REQUIRED WORK >> Go through the entries below and pick out every line with "PhoneOtp".

:: EXTRACTED DATA ::

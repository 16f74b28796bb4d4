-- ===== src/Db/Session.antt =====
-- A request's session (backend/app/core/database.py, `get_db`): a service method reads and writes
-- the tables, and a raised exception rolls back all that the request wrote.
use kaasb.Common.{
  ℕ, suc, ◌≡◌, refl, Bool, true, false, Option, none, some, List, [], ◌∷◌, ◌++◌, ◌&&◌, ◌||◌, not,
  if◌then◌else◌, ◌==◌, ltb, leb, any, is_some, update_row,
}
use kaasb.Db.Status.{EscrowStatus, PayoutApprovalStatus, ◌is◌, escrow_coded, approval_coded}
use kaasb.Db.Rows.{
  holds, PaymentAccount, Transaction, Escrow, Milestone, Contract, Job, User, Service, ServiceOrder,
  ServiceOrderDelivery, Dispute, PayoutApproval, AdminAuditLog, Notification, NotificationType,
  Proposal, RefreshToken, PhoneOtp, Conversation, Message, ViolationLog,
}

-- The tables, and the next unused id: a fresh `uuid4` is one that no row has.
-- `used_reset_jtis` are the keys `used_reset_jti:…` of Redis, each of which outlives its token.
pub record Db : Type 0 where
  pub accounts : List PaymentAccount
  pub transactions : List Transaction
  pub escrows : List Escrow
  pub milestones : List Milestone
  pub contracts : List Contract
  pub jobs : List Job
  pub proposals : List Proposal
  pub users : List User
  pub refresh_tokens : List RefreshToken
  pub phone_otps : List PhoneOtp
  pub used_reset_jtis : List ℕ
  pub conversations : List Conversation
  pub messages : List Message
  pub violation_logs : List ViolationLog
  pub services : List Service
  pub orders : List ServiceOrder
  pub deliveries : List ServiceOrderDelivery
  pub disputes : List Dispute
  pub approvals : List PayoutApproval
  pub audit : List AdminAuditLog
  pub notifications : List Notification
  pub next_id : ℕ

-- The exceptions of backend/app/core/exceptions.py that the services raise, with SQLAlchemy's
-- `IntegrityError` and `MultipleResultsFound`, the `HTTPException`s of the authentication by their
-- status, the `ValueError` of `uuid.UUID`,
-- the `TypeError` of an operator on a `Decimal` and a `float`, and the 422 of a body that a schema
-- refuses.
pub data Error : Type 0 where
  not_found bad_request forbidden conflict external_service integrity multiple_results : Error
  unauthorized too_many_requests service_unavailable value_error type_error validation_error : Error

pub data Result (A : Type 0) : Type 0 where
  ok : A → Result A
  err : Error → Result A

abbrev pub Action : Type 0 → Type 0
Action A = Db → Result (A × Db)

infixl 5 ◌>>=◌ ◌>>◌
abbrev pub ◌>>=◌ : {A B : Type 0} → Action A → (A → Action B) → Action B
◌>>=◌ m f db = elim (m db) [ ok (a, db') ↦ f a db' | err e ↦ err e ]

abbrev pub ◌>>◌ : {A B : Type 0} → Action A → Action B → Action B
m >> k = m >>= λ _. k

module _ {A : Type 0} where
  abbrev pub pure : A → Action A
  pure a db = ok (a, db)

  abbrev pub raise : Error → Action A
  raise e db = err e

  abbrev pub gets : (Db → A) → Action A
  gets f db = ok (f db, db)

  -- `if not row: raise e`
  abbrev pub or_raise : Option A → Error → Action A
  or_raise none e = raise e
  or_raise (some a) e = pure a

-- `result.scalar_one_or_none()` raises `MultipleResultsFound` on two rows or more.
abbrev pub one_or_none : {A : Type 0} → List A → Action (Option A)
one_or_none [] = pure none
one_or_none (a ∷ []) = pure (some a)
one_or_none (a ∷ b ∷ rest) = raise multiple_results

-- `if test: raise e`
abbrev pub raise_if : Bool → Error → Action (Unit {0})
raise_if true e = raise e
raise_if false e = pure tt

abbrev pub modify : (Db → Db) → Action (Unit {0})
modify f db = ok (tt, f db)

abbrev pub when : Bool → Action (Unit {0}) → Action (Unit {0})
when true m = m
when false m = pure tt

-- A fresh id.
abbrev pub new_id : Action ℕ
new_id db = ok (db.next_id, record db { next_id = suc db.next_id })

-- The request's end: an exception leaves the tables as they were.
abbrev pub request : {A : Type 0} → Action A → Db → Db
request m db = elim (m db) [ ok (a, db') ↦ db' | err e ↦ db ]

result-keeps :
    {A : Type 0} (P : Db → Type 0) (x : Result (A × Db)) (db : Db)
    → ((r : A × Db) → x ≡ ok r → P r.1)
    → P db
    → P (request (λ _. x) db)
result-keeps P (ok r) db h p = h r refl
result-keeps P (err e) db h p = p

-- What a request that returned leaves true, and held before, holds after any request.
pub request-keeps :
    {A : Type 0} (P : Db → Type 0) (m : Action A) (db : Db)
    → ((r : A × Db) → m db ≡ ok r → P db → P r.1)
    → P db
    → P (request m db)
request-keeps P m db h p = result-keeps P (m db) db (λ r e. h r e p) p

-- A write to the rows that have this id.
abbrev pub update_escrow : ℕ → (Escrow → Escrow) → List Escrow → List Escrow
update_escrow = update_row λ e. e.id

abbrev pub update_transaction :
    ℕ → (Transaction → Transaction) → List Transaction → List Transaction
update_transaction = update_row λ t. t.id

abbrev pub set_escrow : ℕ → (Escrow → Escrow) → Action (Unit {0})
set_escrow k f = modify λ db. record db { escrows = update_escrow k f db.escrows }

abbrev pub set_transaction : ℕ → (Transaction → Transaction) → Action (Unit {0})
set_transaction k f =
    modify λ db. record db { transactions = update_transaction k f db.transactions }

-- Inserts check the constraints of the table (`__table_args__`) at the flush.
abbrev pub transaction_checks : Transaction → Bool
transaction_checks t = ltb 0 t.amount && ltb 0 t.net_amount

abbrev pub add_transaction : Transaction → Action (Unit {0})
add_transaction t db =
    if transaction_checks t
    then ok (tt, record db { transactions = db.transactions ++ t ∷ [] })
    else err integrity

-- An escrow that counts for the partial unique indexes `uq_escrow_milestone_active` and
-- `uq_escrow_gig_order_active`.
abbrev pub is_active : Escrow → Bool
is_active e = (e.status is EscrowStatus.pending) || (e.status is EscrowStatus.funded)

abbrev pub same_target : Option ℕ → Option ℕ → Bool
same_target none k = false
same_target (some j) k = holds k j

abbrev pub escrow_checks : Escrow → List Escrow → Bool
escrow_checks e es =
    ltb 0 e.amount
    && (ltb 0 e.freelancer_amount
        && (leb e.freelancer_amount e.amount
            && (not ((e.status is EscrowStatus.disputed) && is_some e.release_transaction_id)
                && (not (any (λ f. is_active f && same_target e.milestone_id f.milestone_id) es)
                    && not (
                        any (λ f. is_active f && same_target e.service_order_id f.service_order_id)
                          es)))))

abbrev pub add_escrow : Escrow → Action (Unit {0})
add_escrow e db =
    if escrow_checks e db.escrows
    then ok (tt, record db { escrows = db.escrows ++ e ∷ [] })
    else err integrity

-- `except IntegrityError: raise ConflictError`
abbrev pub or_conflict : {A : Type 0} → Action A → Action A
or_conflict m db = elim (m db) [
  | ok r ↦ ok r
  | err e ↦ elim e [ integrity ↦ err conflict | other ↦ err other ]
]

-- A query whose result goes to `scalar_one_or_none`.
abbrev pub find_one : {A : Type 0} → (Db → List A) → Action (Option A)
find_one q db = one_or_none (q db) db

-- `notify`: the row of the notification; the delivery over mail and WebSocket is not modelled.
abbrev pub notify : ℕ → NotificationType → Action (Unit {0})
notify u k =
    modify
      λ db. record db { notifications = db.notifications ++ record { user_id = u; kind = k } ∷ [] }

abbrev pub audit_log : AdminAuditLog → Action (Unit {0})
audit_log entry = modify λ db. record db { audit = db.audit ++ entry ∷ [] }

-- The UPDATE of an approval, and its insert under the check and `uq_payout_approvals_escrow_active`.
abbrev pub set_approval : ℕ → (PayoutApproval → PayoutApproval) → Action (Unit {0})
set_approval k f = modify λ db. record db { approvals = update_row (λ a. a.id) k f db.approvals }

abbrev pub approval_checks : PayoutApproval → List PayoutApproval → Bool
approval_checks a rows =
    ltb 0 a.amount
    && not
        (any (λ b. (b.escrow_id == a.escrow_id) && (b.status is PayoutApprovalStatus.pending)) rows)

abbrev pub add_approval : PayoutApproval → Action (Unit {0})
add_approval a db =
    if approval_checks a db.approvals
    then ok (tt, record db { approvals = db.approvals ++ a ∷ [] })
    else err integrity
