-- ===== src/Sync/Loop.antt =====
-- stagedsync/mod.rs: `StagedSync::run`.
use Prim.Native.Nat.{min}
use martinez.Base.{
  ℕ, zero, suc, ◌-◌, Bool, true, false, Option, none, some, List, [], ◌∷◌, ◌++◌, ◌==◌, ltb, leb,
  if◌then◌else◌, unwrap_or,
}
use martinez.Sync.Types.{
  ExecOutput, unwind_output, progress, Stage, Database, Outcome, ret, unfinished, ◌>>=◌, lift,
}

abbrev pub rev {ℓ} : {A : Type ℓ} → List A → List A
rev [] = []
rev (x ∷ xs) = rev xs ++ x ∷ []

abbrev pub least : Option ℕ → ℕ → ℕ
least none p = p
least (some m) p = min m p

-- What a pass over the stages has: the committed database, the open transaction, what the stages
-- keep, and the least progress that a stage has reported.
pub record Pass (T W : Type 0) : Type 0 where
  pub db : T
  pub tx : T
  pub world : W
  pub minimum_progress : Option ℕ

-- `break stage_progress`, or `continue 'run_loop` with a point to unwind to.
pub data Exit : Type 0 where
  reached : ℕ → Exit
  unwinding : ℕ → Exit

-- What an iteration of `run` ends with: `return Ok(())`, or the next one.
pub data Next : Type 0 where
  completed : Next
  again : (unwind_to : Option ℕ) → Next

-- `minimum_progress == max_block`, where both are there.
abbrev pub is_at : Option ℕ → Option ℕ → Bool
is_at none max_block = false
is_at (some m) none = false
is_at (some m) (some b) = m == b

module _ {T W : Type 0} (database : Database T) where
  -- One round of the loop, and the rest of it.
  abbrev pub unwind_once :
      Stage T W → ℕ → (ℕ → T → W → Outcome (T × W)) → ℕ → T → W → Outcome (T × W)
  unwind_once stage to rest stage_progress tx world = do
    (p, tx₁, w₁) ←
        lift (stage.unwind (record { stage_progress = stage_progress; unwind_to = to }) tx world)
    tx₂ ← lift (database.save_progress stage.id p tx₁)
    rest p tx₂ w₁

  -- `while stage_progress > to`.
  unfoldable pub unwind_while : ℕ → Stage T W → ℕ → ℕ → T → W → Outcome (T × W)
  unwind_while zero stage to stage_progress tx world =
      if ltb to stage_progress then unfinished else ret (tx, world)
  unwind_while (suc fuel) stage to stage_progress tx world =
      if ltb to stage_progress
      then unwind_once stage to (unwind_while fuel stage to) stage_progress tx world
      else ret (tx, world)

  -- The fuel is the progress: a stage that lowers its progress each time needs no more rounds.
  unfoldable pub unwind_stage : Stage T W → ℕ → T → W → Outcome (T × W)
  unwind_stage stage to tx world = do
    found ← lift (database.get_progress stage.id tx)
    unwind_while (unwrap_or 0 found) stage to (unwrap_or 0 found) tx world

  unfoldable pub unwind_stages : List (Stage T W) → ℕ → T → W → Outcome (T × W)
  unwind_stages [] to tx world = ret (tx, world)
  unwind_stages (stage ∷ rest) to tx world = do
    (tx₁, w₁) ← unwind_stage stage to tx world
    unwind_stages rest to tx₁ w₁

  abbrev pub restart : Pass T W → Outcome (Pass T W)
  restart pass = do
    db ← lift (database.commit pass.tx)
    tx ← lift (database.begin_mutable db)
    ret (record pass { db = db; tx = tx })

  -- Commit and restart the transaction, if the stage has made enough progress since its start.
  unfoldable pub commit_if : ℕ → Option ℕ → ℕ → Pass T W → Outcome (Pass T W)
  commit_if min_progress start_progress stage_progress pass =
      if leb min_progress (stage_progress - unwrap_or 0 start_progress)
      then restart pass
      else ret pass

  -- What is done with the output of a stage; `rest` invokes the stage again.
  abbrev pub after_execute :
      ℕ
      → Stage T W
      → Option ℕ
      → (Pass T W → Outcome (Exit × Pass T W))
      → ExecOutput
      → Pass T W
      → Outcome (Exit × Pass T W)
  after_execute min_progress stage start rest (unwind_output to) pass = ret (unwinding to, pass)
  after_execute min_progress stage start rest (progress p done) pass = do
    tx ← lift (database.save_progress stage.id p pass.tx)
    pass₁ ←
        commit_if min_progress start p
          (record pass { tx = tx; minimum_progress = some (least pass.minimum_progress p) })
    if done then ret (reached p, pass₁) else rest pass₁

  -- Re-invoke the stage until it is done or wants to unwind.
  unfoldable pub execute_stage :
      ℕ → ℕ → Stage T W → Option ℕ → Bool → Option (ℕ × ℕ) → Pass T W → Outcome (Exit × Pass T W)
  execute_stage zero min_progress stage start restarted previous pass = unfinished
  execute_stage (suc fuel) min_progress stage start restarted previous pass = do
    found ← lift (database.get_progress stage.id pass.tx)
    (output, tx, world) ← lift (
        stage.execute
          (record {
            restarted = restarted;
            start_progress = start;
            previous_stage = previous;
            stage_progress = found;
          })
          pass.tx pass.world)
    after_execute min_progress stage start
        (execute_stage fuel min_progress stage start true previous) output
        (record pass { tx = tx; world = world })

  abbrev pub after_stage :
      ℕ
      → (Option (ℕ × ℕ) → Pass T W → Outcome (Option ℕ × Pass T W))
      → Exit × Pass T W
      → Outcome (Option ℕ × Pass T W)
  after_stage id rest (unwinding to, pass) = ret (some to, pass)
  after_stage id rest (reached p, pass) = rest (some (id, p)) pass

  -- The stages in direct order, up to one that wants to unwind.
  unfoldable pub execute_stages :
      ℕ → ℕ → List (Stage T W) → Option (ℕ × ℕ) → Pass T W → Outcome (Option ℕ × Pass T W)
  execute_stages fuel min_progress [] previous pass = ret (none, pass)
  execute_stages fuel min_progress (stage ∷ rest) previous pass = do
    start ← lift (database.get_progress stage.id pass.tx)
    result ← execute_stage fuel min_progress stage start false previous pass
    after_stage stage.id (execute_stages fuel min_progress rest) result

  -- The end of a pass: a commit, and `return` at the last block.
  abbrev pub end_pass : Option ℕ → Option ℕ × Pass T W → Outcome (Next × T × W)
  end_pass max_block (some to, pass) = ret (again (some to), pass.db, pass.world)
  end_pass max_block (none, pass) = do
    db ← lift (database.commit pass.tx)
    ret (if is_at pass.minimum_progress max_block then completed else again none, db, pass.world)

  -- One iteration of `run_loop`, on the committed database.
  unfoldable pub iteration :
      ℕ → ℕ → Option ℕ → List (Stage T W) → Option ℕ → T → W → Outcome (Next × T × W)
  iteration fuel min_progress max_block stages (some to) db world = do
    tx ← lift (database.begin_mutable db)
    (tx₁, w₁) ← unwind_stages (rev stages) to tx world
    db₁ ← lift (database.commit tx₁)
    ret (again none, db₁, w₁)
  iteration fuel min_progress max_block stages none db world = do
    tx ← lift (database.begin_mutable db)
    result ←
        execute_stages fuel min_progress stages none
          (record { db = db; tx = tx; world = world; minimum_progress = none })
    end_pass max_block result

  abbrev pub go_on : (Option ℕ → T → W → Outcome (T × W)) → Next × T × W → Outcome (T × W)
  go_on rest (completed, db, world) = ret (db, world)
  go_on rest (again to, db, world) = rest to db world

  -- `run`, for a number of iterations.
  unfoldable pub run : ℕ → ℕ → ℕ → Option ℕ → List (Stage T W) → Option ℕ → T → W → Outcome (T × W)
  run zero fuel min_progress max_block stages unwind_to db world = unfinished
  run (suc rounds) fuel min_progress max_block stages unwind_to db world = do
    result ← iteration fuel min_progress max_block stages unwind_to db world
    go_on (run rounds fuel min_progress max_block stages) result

:::

TASK SOLUTION >>
  Proposal, RefreshToken, PhoneOtp, Conversation, Message, ViolationLog,
  pub phone_otps : List PhoneOtp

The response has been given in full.